Clearly this is not a "point and click" tool to everyone and this is a good thing, in my humble opinion and responsibility for the maintenance of such a system requires knowledge of a typical IT department and not a manager who, if desired, can always send us an email to request a build rather than messing around with his hands no expert ;)
Exploring Distributed Calculation With RabbitMQ
Lately I’ve had to work on a complex web application which have started to have an increased (and increasing) number of users. Unfortunately this web application was not built to scale and so problems started to get to the surface. When the user base was small to medium the load on the application server was fairly low and we could focus on adding new features and growing our user base until we landed on the Facebook platform. At some point users started to came and the scheduled task took 10-20-40-70-90 minutues to complete leaving the users to stare at the “calculating tasks” page.
The first approved (the correct word should be "imposed") solution was to migrate our servers to AWS so we could increase host perfomance using bigger and bigger servers until we reached the limits of the single machine again.
After a lot of battling with the management we had the opportunity to detach the application core from the web site and started to build the new architecture with these loosely defined requirements:
better use of resources
better code organization and quality
ready for future development
I admit that those where my requirements, but the management undestood that they have lost the ability to understand the architecture beyhond a simple web site with a bounch of scheduled routines that, honestly, worked with the help of an infinite dose of luck…and also my prototype run in a fraction of time.
Our old backend has been broken in to those pieces:
libcore : the base code extracted from the old and stinky web site
RabbitMQ message broker
job scheduler : send messages to appropriate exchanges at appropriate time
workers : consume messages sent by the scheduler
Leaving libcore apart doing its stuff lets focus on the scheduler and the workers; for details about RabbitMQ please refer to its web site (http://www.rabbitmq.com/).

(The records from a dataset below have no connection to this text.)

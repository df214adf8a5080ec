-- ===== src/Examples/Queries.antt =====
-- A repository with three incidents, and the queries at it.
use agent_rca.Prelude.{String, ◌≡◌, refl, true, subset, none, some, List, [], ◌∷◌, All, mem}
use agent_rca.Outcome.{ok}
use agent_rca.Dict.{lookup, insert, has}
use agent_rca.Incident.{Incident, Status-discrete, allowed}
use agent_rca.Sort.{sort_by, place}
use agent_rca.Sort.Pairs.{pair_le}
use agent_rca.Repository.{Repository, empty, create_or_get_by_deduplication_key, transition}
use agent_rca.Repository.Calls.{Call, create, run, IsTimed}
use agent_rca.Repository.Queries.{Filters, query_incidents, matches, query_reports}
use agent_rca.Repository.Queries.Paging.{listing, run-next_page}
use agent_rca.Repository.Queries.Reports.{AreReports, query_reports_returns}
use agent_rca.Repository.Documents.{
  store_evidence, store_context, store_report, write_evidence, check_evidence,
}
use agent_rca.Documents.{Report, context_evidence_ids, report_evidence_ids}
use agent_rca.Examples.{noon, sample, checkout, story}

abbrev numbered : String → String → Incident
numbered id time = record checkout { incident_id = id; deduplication_key = id; updated_at = time }

abbrev first : Incident
first = numbered "inc-1" "2026-08-24T11:00:00Z"

abbrev second : Incident
second = numbered "inc-2" "2026-08-24T12:00:00Z"

abbrev third : Incident
third = numbered "inc-3" "2026-08-24T12:00:00Z"

abbrev three : List Call
three = create first noon ∷ create second noon ∷ create third noon ∷ []

abbrev warnings : Filters
warnings = record { statuses = []; severities = "warning" ∷ []; namespace = none; search = none }

abbrev stored : Repository
stored = run sample three empty

three-AreTimed : All IsTimed three
three-AreTimed = (refl, (refl, (refl, tt)))

listed : listing sample warnings stored ≡ third ∷ second ∷ first ∷ []
unfolding run create_or_get_by_deduplication_key empty lookup insert sort_by place pair_le matches
    mem agent_rca.Repository.Queries.found_by
listed = refl

run-next_page_example :
    query_incidents sample warnings (some third.updated_at) (some third.incident_id) 2 stored
    ≡ (ok (second ∷ first ∷ []), stored)
run-next_page_example =
    run-next_page sample three warnings 2 [] third (second ∷ first ∷ []) three-AreTimed refl listed

story_incident : has "inc-checkout" (run sample story empty).incidents ≡ true
unfolding run create_or_get_by_deduplication_key transition store_evidence store_context
    store_report empty lookup insert write_evidence check_evidence subset context_evidence_ids mem
    report_evidence_ids Status-discrete allowed
story_incident = refl

query_reports_returns_example :
    (rows : List (Report × String)) × (query_reports "inc-checkout" 5 (run sample story empty)
      ≡ (ok rows, run sample story empty))
    × AreReports "inc-checkout" 5 (run sample story empty) rows
query_reports_returns_example =
    query_reports_returns sample story "inc-checkout" 5 (refl, (tt, (tt, (tt, (tt, tt))))) refl
      story_incident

As a scheduling library I have choosen the open source Quartz.NET (http://quartznet.sourceforge.net/) which provided a simple but powerful interface to schedule jobs, I especially liked the ability to specify job triggers with the well known and compact cron syntax. Long story short the scheduled jobs harvests the tasks and send messages to exchanges accordingly. I think that the whole core plus the jobs are not bigger than some hundreds of lines of code. Wonderful!
In order to create a worker one should simply have to inherit from a BaseConsumer class and override the "consume" method to do its tasks when a message is received. Done. Cool :)
Given this simple architecture what are the benefits? Lets see:
scaling: I simply have to add more workers in the same or different machines and the calculating power will increase accordingly
flexibility: if a new task is required I have to create a new scheduled job and its consumer (even in a different language or platform) and maybe a new message type (messages are simple JSON described objects); after all is tested I have to update the scheduler and add a new worker either by updating a running worker or adding a new one without affecting the whole system; yes it can be done while the system is crunching its task and yes, obviously without affecting the web site(s)
cost effective: if we have a lot of task to complete at a certain hour in the day I could simply turn on a couple of more machines when I need it and turn those off when the whole work is completed; if you have ever used the Amazon AWS infrastructure you understand of much one can save using this approach
testing: having everything well separated I can test each block individually instead of having a code blob that is barely manageable
With this short post I hope to increase interest in this simple way of doing distribuited computing using a message broker and a simple but well architected system.